The Counterpoint SCI Global Property Income fund is both the best performing global fund and the best performing real estate fund in South Africa for the year through the end of November. After falling 17.4% in 2020, it gained 42.9% during the 11 months to the end of November.

Managers Ian Anderson and Richard Henwood have positioned the fund primarily in the residential, retail and logistics sectors, and have benefited from the reopening of business.

The best performing active equity fund in South Africa this year is the strategy managed by value veteran John Biccard.

The Ninety One Value fund is another one of those unit trusts that struggled last year, losing 7% in 2020. However, it gained 41% for the year through the end of November.

Citywire’s A-rated Biccard has been a big fork of gold miners, but the fund’s biggest exposure right now is Royal Bafokeng Platinum. Murray & Roberts is the second largest, at 9%.

Biccard also believes that a higher inflation environment will continue to benefit value stocks. As the wrote for Citywire South Africa earlier this year:

“Value stocks are cheap, they are uncorrelated with other factors, and if the world is heading for a sustained reflation even if moderate, then value stocks will definitely do well and provide much-needed diversification.”

Counterpoint Property Specialist Ian Anderson manages not only the best-performing global real estate fund of 2021 so far, but also the best-performing local property portfolio of the year.

The Nedgroup Investments-owned fund he manages has risen 39% over the 11 months to the end of November, after a 29.6% drop last year.

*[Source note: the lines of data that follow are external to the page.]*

-- ===== src/Worker/Answers.antt =====
-- What an answer does to a worker, once and again: `rx_process_one` of server/backend/worker.cpp.
use clean_slate_inc.Prelude.{
  ℕ, ◌≡◌, ◌≢◌, inl, inr, refl, ap, ◌∙◌, true, false, ◌||◌, Option, some, arith, ◌==◌, if◌then◌else◌,
  Bool-cases,
}
use clean_slate_inc.Op.{Op, need_rx}
use clean_slate_inc.Packet.{Mbuf}
use clean_slate_inc.LoadBalancer.{SubOp}
use clean_slate_inc.Window.{
  PktState, update, invalid_position, get_prev_position, has_acked, get_position,
}
use clean_slate_inc.Window.Positions.{update_self, get_position-state}
use clean_slate_inc.Worker.Defs.{Link, Worker, mark_acked}
use clean_slate_inc.Worker.Receive.{copy_out, accept, rx_process_one, note_tos, store, close_gap}
use clean_slate_inc.Worker.Repeated.{
  SameState, SameStored, collect_retrans-SameState, redundant_answer_ignored,
}

module _ {Q F : Type 0} (l : Link) where
  close_gap-SameState :
      (position : ℕ) (w : Worker Q l.State F) → SameState l w (close_gap l position w)
  unfolding close_gap
  close_gap-SameState position w =
      elim (Bool-cases
        (position == w.window.to_ack || has_acked w.window (get_prev_position position))) [
          | inl whole ↦ rw (whole, close_gap) (ground arith)
          | inr gap ↦ rw (gap, close_gap) (collect_retrans-SameState l position w)
        ]

  pub mark_acked-state :
      (position : ℕ) (w : Worker Q l.State F)
      → (mark_acked position w).window.state position
        ≡ record (w.window.state position) { acked = true }
  unfolding mark_acked
  mark_acked-state position w = update_self w.window.state position _

  store-qp :
      (op : Op) (state : PktState) (pkt : Mbuf) (w : Worker Q l.State F)
      → SameStored l w (store l op state pkt w)
  unfolding store
  store-qp op state pkt w = elim (Bool-cases (need_rx op)) [
    | inl rx ↦ rw (rx, store) (ground arith)
    | inr not_rx ↦ rw (not_rx, store) (ground arith)
  ]

  store-mem :
      (op : Op) (state : PktState) (pkt : Mbuf) (w : Worker Q l.State F)
      → (store l op state pkt w).mem ≡ (if need_rx op then copy_out op state pkt w.mem else w.mem)
  unfolding store
  store-mem op state pkt w = elim (Bool-cases (need_rx op)) [
    | inl rx ↦ rw (rx, store) refl
    | inr not_rx ↦ rw (not_rx, store) refl
  ]

  accept_lem :
      (ops : ℕ → Op) (position : ℕ) (pkt : Mbuf) (w : Worker Q l.State F) (sub_op : SubOp)
      → (w.window.state position).sub_op ≡ some sub_op
      → accept l ops position pkt w
        ≡ some (
            close_gap l position (
              store l
                (ops sub_op.op)
                (record (w.window.state position) { acked = true })
                pkt
                (mark_acked position w)))
  unfolding accept
  accept_lem ops position pkt w sub_op e = rw (mark_acked-state position w, e) refl

  -- An answer that has a position, to a packet of some part that has not been answered before: that
  -- packet and no other is marked, the bytes of the answer go to the operation's buffer if this rank
  -- receives, and the queues and the numbering stay as they are.
  pub first_answer_accepted :
      (ops : ℕ → Op) (pkt : Mbuf) (w : Worker Q l.State F) (sub_op : SubOp)
      → let position = get_position w.current_group_id w.window pkt in
        let state = w.window.state position in
        position ≢ invalid_position
        → state.acked ≡ false
        → state.sub_op ≡ some sub_op
        → (w' : Worker Q l.State F) × (rx_process_one l ops pkt w ≡ some w')
          × (w'.window ≡ record w.window {
            state = update w.window.state position (record state { acked = true });
          })
          × (w'.mem ≡ (
              if need_rx (ops sub_op.op)
              then copy_out (ops sub_op.op) (record state { acked = true }) pkt w.mem
              else w.mem))
          × (w'.qp ≡ w.qp)
          × (w'.current_group_id ≡ w.current_group_id)
          × (w'.progress ≡ w.progress)
          × (w'.psn_of ≡ w.psn_of)
  unfolding rx_process_one mark_acked has_acked note_tos
  first_answer_accepted ops pkt w sub_op valid new has =
      let position = get_position w.current_group_id w.window pkt in
      let state = record (w.window.state position) { acked = true } in
      let marked = mark_acked position (note_tos l pkt w) in
      let stored = store l (ops sub_op.op) state pkt marked in
      let kept = close_gap-SameState position stored in
      let (same, queues, group, progress, psn_of) = store-qp (ops sub_op.op) state pkt marked in
      (
        close_gap l position stored,
        started (accept_lem ops position pkt (note_tos l pkt w) sub_op has),
        kept.window ∙ same,
        kept.mem ∙ store-mem (ops sub_op.op) state pkt marked,
        kept.qp ∙ queues,
        kept.group ∙ group,
        kept.progress ∙ progress,
        kept.psn_of ∙ psn_of,
      )
    where
      started :
          {r : Option (Worker Q l.State F)}
          → accept l ops (get_position w.current_group_id w.window pkt) pkt (note_tos l pkt w) ≡ r
          → rx_process_one l ops pkt w ≡ r
      started e = ground arith

  -- An answer that has a position, to a packet of some part that has not been answered before, is
  -- accepted once: when it comes a second time, both calls return, and the second time the
  -- window, the memory, the queues, the numbering and what has been sent stay as they are.
  pub answer_twice :
      (ops : ℕ → Op) (pkt : Mbuf) (w : Worker Q l.State F) (sub_op : SubOp)
      → get_position w.current_group_id w.window pkt ≢ invalid_position
      → (w.window.state (get_position w.current_group_id w.window pkt)).acked ≡ false
      → (w.window.state (get_position w.current_group_id w.window pkt)).sub_op ≡ some sub_op
      → (w' : Worker Q l.State F) × (w'' : Worker Q l.State F) × (rx_process_one l ops pkt w
          ≡ some w')
        × (rx_process_one l ops pkt w' ≡ some w'')
        × SameState l w' w''
        × (w''.link ≡ w'.link)
        × (w''.local_queue ≡ w'.local_queue)
  unfolding has_acked
  answer_twice ops pkt w sub_op valid new has =
      let (w', once, window, _, _, group, _, _) =
        first_answer_accepted ops pkt w sub_op valid new has in
      let position = get_position w.current_group_id w.window pkt in
      let same : get_position w'.current_group_id w'.window pkt ≡ position =
        rw (group, window) (get_position-state w.current_group_id w.window _ pkt) in
      let acked : (w'.window.state (get_position w'.current_group_id w'.window pkt)).acked ≡ true =
        rw (same, window)
          (ap (λ (s : PktState). s.acked) (update_self w.window.state position _)) in
      let (w'', twice, kept, link, queue) = redundant_answer_ignored l ops pkt w' (inr acked) in
      (w', w'', once, twice, kept, link, queue)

Anderson has built a portfolio that looks distinctly different from the index, with the largest positions in Fairvest, Tower, and Dipula. The top three stocks in the industry, Nepi-Rockcastle, Growthpoint and Redefine, aren’t even in the fund’s top 10.

1nvest S & P500 Info Tech Index Feeder Fund
Fund Managers: Citywire A-rated Ryan Basdeo and Rademeyer Entertainment

The second index fund to stand out this year is another investment strategy. It is also one of the few portfolios that has performed well in both 2020 and 2021.

After a 48.3% gain in 2020, the subordinate fund 1nvest S & P500 Info Tech Index gained 38.9% for the year through the end of November.

The fund is embedded in the iShares S&P 500 Information Technology Sector Ucits ETF, and has provided exposure to information technology stocks in the US Its largest holdings are Apple, Microsoft, Nvidia, Visa and PayPal.

However, it is a very concentrated portfolio at the moment. Almost 40% of the fund is currently held in only its two largest positions.

In the current environment, it might come as a surprise that South Africa’s best performing multi-asset high-end fund so far this year has a large portion of its portfolio in cash and very little in local bonds.

Many local multi-asset portfolios have benefited from high South African bond yields over the past year and avoided the meager cash yields available. However, Aylet Balanced Prescient Fund Manager Walter Aylett, told Citywire South Africa earlier this year that he does not believe that local bond yields are high enough to justify the risk, and that the threat of a market correction makes cash optionality attractive.

He has preferred to seek returns from cheap local stocks and international sectors such as energy that have been showing value.

The result has been a profitability of 35.1% for the year until the end of November.

Patrick Cairns is a South African editor at Citywire, providing knowledge and information for processional investors globally.

This article first appeared on Citywire South Africa hereand republished with permission.